On the whole, teachers should welcome the fact that they are part of Labour’s big education idea. The rhetoric is tough, ambitious and no nonsense: ensuring every child leaves primary school able to read; zero tolerance of failure; targets set and instant action where they are not met. But it is refreshingly free of old Labour dogma, reflecting the distance Tony Blair and David Blunkett have brought their party. They have managed to shrug off, for the time being at least, the persistent issues of selection, structure and control in order to concentrate on practical ideas for improvement. The alternatives are stark enough: yet more youth unemployment, crime, social decay and “the debased culture of despair”, as Mr Blair called the descent into loutish and self-destructive behaviour.
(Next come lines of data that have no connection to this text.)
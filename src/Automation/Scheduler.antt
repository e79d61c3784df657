-- ===== src/Automation/Scheduler.antt =====
-- backend/app/services/dispatch_automation_worker_scheduler.py: when a tenant's automation worker is due,
-- the snapshot of all tenants, and a round of the scheduler over the tenants that are due.
use multi_tenant_agentic_wor.Base.{
  ℕ, ◌+◌, max, Bool, true, false, not, ◌&&◌, Option, none, some, List, [], ◌∷◌, ◌++◌, ◌==◌,
  if◌then◌else◌, leb, count_where, nat_eq, string_eq,
}
use multi_tenant_agentic_wor.Tables.{WorkerRun, StoredConfig, plan_status_eq}
use multi_tenant_agentic_wor.Store.{Tenant, World}
use multi_tenant_agentic_wor.Automation.{
  normalize_config, latest_scheduled_run, SkipReason, tenant_disabled, backoff, interval, DueState,
  minutes, due, skipped, count_approved,
}

abbrev pub failed_run_backoff_minutes : ℕ
failed_run_backoff_minutes = 30

abbrev pub effective_interval : WorkerRun → ℕ → ℕ
effective_interval run n = if run.status == "failed" then max n failed_run_backoff_minutes else n

-- `_tenant_schedule_due_state`.
unfoldable pub schedule_after : ℕ → WorkerRun → ℕ → DueState
schedule_after n run now =
    let next = run.created_at + minutes (effective_interval run n) in
    if leb next now
    then due (if run.status == "failed" then some next else none)
    else if run.status == "failed"
    then skipped backoff (some next) (some next)
    else skipped interval (some next) none

unfoldable pub tenant_schedule_due_state : Bool → ℕ → Option WorkerRun → ℕ → DueState
unfolding schedule_after
tenant_schedule_due_state enabled n none now =
    if not enabled then skipped tenant_disabled none none else due none
tenant_schedule_due_state enabled n (some run) now =
    if not enabled then skipped tenant_disabled none none else schedule_after n run now

unfoldable pub tenant_schedule_is_due : World → ℕ → ℕ → ℕ → Option SkipReason
unfolding latest_scheduled_run tenant_schedule_due_state
tenant_schedule_is_due w tenant n now =
    (tenant_schedule_due_state true n (latest_scheduled_run w tenant) now).skip_reason

-- The due state of one tenant of the snapshot.
unfoldable pub due_state_of : World → ℕ → Tenant → DueState
unfolding normalize_config tenant_schedule_due_state latest_scheduled_run
due_state_of w now u =
    let c = normalize_config u.worker_config in
    tenant_schedule_due_state c.enabled c.interval_minutes (latest_scheduled_run w u.id) now

-- `DispatchAutomationTenantReadinessSummary`.
pub record Readiness : Type 0 where
  pub tenant_id : ℕ
  pub enabled : Bool
  pub due_state : DueState
  pub approved_plan_count : ℕ
  pub latest_run : Option WorkerRun
  pub max_plans_per_run : ℕ

-- `DispatchAutomationSchedulerFleetSnapshot`.
pub record Fleet : Type 0 where
  pub total_tenants : ℕ
  pub configured_tenants : ℕ
  pub enabled_tenants : ℕ
  pub disabled_tenants : ℕ
  pub due_tenants : ℕ
  pub interval_waiting_tenants : ℕ
  pub backoff_tenants : ℕ
  pub approved_plan_backlog : ℕ
  pub tenants : List Readiness

abbrev pub has_value {ℓ} : {A : Type ℓ} → Option A → Bool
has_value none = false
has_value (some a) = true

-- `if tenant.dispatch_automation_worker_config`.
abbrev pub is_configured : StoredConfig → Bool
is_configured c =
    if has_value c.enabled
    then true
    else if has_value c.interval_minutes
    then true
    else has_value c.max_plans_per_run

abbrev pub is_reason : SkipReason → DueState → Bool
is_reason interval s = elim s.skip_reason [ some interval ↦ true | _ ↦ false ]
is_reason backoff s = elim s.skip_reason [ some backoff ↦ true | _ ↦ false ]
is_reason tenant_disabled s = elim s.skip_reason [ some tenant_disabled ↦ true | _ ↦ false ]

abbrev pub plus_if : Bool → ℕ → ℕ
plus_if b n = if b then n + 1 else n

unfoldable pub readiness : World → ℕ → Tenant → Readiness
unfolding normalize_config due_state_of count_approved latest_scheduled_run
readiness w now u =
    let c = normalize_config u.worker_config in
    record {
      tenant_id = u.id;
      enabled = c.enabled;
      due_state = due_state_of w now u;
      approved_plan_count = count_approved w u.id;
      latest_run = latest_scheduled_run w u.id;
      max_plans_per_run = c.max_plans_per_run;
    }

-- One round of the loop over the tenants.
unfoldable pub inspect_tenant : World → ℕ → Bool → Tenant → Fleet → Fleet
unfolding normalize_config due_state_of count_approved readiness
inspect_tenant w now include u s =
    let c = normalize_config u.worker_config in
    let d = due_state_of w now u in
    record s {
      approved_plan_backlog = s.approved_plan_backlog + count_approved w u.id;
      configured_tenants = plus_if (is_configured u.worker_config) s.configured_tenants;
      enabled_tenants = plus_if c.enabled s.enabled_tenants;
      disabled_tenants = plus_if (not c.enabled) s.disabled_tenants;
      due_tenants = plus_if d.due_now s.due_tenants;
      interval_waiting_tenants =
          plus_if (not d.due_now && is_reason interval d) s.interval_waiting_tenants;
      backoff_tenants = plus_if (not d.due_now && is_reason backoff d) s.backoff_tenants;
      tenants = if include then s.tenants ++ readiness w now u ∷ [] else s.tenants;
    }

unfoldable pub inspect_loop : World → ℕ → Bool → List Tenant → Fleet → Fleet
unfolding inspect_tenant
inspect_loop w now include [] s = s
inspect_loop w now include (u ∷ us) s =
    inspect_loop w now include us (inspect_tenant w now include u s)

-- `order_by(created_at.asc())`.
unfoldable pub insert_tenant : Tenant → List Tenant → List Tenant
insert_tenant x [] = x ∷ []
insert_tenant x (y ∷ ys) =
    let rest = insert_tenant x ys in if leb x.created_at y.created_at then x ∷ y ∷ ys else y ∷ rest

unfoldable pub order_tenants : List Tenant → List Tenant
unfolding insert_tenant
order_tenants [] = []
order_tenants (x ∷ xs) = insert_tenant x (order_tenants xs)

abbrev pub empty_fleet : ℕ → Fleet
empty_fleet n = record {
  total_tenants = n;
  configured_tenants = 0;
  enabled_tenants = 0;
  disabled_tenants = 0;
  due_tenants = 0;
  interval_waiting_tenants = 0;
  backoff_tenants = 0;
  approved_plan_backlog = 0;
  tenants = [];
}

unfoldable pub inspect_fleet : World → ℕ → Bool → Fleet
unfolding inspect_loop order_tenants
inspect_fleet w now include =
    inspect_loop w now include (order_tenants w.tenants)
      (empty_fleet (count_where (λ u. true) w.tenants))
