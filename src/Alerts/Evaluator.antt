-- ===== src/Alerts/Evaluator.antt =====
-- The evaluation of the alert policies of all tenants in
-- backend/app/services/dispatch_alert_evaluator_worker.py.
use multi_tenant_agentic_wor.Base.{
  ℕ, ◌+◌, true, not, ◌&&◌, List, [], ◌∷◌, ◌++◌, if◌then◌else◌, is_empty, length, take, max, Result,
  ok, err, ◌>>=◌,
}
use multi_tenant_agentic_wor.Store.{Tenant, World}
use multi_tenant_agentic_wor.Texts.{Texts}
use multi_tenant_agentic_wor.Automation.Scheduler.{order_tenants}
use multi_tenant_agentic_wor.Alerts.{AlertError, Policy, get_alert_policy}
use multi_tenant_agentic_wor.Alerts.Sending.{DeliveryReport, Mailer, deliver_dispatch_alerts}

-- `DispatchAlertEvaluationReport`.
pub record EvaluationReport : Type 0 where
  pub tenants_scanned : ℕ
  pub tenants_evaluated : ℕ
  pub attempted : ℕ
  pub delivered : ℕ
  pub failed : ℕ
  pub skipped : ℕ
  pub tenant_ids : List ℕ

unfoldable pub add_delivery : ℕ → DeliveryReport → EvaluationReport → EvaluationReport
add_delivery tenant d r = record r {
  tenants_evaluated = r.tenants_evaluated + 1;
  tenant_ids = r.tenant_ids ++ tenant ∷ [];
  attempted = r.attempted + d.attempted;
  delivered = r.delivered + d.delivered;
  failed = r.failed + d.failed;
  skipped = r.skipped + d.skipped;
}

abbrev pub empty_evaluation : ℕ → EvaluationReport
empty_evaluation n = record {
  tenants_scanned = n;
  tenants_evaluated = 0;
  attempted = 0;
  delivered = 0;
  failed = 0;
  skipped = 0;
  tenant_ids = [];
}

abbrev pub added_delivery :
    ℕ
    → EvaluationReport
    → Result AlertError (World × DeliveryReport)
    → Result AlertError (World × EvaluationReport)
unfolding add_delivery
added_delivery tenant r (err e) = err e
added_delivery tenant r (ok (w, d)) = ok (w, add_delivery tenant d r)

module _ (m : Mailer) (t : Texts) (hours : ℕ) where
  unfoldable pub evaluate_tenant :
      World
      → ℕ
      → EvaluationReport
      → Result AlertError Policy
      → Result AlertError (World × EvaluationReport)
  unfolding deliver_dispatch_alerts add_delivery
  evaluate_tenant w tenant r (err e) = err e
  evaluate_tenant w tenant r (ok p) =
      if p.enabled && not (is_empty p.channels)
      then added_delivery tenant r (deliver_dispatch_alerts m t true w tenant hours)
      else ok (w, r)

  unfoldable pub evaluate_tenants :
      List Tenant → World → EvaluationReport → Result AlertError (World × EvaluationReport)
  unfolding get_alert_policy evaluate_tenant
  evaluate_tenants [] w r = ok (w, r)
  evaluate_tenants (u ∷ us) w r = do
    (w', r') ← evaluate_tenant w u.id r (get_alert_policy w u.id)
    evaluate_tenants us w' r'

  unfoldable pub evaluate_dispatch_alerts : World → ℕ → Result AlertError (World × EvaluationReport)
  unfolding order_tenants evaluate_tenants
  evaluate_dispatch_alerts w limit =
      let us = take (max limit 1) (order_tenants w.tenants) in
      evaluate_tenants us w (empty_evaluation (length us))

-- The bounds that the constructor of the worker sets, and one run of its loop.
unfoldable pub run_evaluator :
    Mailer → Texts → World → ℕ → ℕ → Result AlertError (World × EvaluationReport)
unfolding evaluate_dispatch_alerts
run_evaluator m t w limit hours = evaluate_dispatch_alerts m t (max hours 1) w (max limit 1)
Blunkett and Blair rehearsed some mouthwatering lines this week: computers for all; the new national grid for learning; an integrated programme of child care and nursery education; smaller infant classes; supplementary summer classes for those who fall behind in junior school. Even the withdrawal of child benefit for students over 16 might be welcome as part of a move to greater fairness in student support in further as well as higher education.

Those in schools and colleges who will ultimately be called upon to turn such rhetoric into reality are bound to want more detail, not least about the extra help they will receive. Mr Blair in the past has promised support as well as higher expectations. As far as additional funding goes, he was giving no hostages to fortune beyond converting assisted places cash into maximum classes of 30 for five, six and seven-year-olds; unspecified subsidies from the telecommunications industry; windfall taxes on utilities to get 250,000 young unemployed back to work; lottery money to support young talent and equip teachers to use new technology; and a vow to spend more of the national income on education by the end of a five-year term in office.

The reality is that no Government is going to throw money at schools and colleges. The education service will need to show that it is making the very best use of the money it has at present and demonstrate - as it has with smaller infant classes - a sound case for further investment. Not the least of the ways it can do this is by its professionalism in setting and achieving appropriate targets for improvement, in dealing with any pockets of ineptitude and in its openness to evidence and practical ideas to meet pedagogical challenges.

That said, no putative government can expect teachers to achieve their best in crumbling buildings or against a background of debilitating cuts that sap morale and waste the energy management ought to be putting into raising standards. Nor should it expect to get the best out of professionals by continuously bombarding them with criticism and prescription - as two education outsiders from the commercial world, Ian Ireland and Chris Devereux, observe on page 17.

It is one thing to set demanding but achieveable targets aimed at raising standards and to intervene - even to the extent of sacking the managers as Labour proposes - if supposed professionals are letting down their pupils. It is difficult to see how this can be effective, let alone justified, however, if governments want to prescribe not only the desirable attainments of pupils but also the detailed methods to be used in teaching them, and the ways their schools and classes are to be organised.

If all pupils, of whatever background, are to become part of the educated - and decent - society Tony Blair aspires to, we need greater professional autonomy for teachers. Their challenge, given Britain’s standing in international league tables, is to show they merit it.